▸ **Problem details**
Scan the records beneath this line for the line holding "Halts env a c" and the line holding "JobHalts s r = Halts env s r.0", then transcribe exactly those two and all lines between.

▸ **Listed records**
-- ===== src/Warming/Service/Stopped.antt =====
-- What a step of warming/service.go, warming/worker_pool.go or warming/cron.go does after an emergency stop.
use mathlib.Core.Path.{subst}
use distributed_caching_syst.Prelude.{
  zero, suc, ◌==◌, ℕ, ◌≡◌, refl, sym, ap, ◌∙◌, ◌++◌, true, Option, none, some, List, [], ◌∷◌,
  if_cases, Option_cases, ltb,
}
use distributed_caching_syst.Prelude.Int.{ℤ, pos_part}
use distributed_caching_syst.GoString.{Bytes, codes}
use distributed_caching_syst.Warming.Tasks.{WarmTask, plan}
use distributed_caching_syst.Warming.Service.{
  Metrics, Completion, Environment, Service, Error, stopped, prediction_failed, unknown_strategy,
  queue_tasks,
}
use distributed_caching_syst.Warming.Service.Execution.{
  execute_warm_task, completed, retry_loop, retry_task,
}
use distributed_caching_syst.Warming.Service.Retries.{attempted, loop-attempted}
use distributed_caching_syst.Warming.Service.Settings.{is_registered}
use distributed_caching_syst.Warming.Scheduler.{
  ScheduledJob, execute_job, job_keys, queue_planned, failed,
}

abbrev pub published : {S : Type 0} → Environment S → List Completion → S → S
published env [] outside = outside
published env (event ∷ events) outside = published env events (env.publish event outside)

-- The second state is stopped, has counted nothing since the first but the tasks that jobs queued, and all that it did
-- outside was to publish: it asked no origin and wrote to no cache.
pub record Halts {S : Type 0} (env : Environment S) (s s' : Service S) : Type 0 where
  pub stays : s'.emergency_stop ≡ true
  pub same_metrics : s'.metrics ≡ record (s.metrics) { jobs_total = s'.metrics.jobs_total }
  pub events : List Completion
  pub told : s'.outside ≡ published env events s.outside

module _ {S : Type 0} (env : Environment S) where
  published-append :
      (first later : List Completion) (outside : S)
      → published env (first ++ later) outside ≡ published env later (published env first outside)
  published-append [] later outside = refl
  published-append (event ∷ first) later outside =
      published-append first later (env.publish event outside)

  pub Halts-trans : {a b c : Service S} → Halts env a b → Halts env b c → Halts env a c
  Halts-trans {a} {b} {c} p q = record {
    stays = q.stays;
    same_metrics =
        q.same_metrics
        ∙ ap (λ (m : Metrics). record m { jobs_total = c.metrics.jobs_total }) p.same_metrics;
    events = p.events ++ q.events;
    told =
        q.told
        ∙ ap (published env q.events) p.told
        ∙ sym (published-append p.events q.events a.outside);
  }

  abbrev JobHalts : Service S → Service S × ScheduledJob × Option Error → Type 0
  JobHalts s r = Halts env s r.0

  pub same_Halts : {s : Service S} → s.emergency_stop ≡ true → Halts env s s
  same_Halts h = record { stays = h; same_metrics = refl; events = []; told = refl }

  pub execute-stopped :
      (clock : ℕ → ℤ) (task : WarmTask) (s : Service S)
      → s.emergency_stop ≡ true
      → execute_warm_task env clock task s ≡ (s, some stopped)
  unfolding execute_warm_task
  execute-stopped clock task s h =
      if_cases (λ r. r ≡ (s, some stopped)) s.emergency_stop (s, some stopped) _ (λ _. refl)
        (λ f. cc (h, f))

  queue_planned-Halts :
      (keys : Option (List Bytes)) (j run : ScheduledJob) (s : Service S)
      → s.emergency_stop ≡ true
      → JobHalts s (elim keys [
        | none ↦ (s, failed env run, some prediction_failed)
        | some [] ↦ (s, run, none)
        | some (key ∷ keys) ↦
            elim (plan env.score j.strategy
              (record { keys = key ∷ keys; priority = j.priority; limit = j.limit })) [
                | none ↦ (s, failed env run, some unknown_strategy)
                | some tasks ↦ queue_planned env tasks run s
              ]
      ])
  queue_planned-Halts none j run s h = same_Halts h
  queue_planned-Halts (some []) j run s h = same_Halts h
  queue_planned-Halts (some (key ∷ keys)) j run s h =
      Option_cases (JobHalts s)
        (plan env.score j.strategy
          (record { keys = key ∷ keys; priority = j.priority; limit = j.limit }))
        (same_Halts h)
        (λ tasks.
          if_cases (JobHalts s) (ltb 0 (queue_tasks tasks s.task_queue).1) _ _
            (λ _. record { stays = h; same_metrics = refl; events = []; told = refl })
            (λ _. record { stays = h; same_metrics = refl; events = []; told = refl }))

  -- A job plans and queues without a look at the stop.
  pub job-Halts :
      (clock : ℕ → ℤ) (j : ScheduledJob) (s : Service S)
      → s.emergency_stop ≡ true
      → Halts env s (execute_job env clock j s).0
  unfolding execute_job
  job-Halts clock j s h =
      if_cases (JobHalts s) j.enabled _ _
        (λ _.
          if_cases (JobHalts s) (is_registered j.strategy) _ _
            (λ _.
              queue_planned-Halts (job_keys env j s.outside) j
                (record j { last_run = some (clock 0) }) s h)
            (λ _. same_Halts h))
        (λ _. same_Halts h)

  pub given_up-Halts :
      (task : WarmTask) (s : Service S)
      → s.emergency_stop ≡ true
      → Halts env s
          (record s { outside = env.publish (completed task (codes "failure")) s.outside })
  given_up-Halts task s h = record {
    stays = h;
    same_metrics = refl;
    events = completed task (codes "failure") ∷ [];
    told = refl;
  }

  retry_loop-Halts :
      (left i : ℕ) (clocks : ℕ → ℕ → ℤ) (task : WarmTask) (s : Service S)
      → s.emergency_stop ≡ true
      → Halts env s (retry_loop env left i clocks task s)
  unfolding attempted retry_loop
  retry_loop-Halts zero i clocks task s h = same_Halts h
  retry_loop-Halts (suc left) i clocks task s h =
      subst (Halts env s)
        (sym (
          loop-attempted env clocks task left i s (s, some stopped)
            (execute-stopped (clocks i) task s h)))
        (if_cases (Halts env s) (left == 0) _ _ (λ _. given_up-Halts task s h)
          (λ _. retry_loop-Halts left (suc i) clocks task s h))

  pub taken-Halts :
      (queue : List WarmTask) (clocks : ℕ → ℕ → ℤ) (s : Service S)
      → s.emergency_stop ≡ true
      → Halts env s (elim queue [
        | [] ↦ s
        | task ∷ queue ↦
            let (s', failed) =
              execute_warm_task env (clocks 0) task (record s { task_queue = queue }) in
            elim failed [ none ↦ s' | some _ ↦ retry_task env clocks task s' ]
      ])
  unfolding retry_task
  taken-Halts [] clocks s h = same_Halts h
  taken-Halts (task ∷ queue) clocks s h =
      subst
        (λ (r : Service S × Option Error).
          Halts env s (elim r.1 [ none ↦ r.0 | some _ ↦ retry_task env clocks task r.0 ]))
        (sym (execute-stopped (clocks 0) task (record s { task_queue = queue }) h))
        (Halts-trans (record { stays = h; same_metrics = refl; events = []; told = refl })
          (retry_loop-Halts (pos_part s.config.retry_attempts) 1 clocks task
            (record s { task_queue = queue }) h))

▸ **Written solution**
  pub Halts-trans : {a b c : Service S} → Halts env a b → Halts env b c → Halts env a c
  Halts-trans {a} {b} {c} p q = record {
    stays = q.stays;
    same_metrics =
        q.same_metrics
        ∙ ap (λ (m : Metrics). record m { jobs_total = c.metrics.jobs_total }) p.same_metrics;
    events = p.events ++ q.events;
    told =
        q.told
        ∙ ap (published env q.events) p.told
        ∙ sym (published-append p.events q.events a.outside);
  }

  abbrev JobHalts : Service S → Service S × ScheduledJob × Option Error → Type 0
  JobHalts s r = Halts env s r.0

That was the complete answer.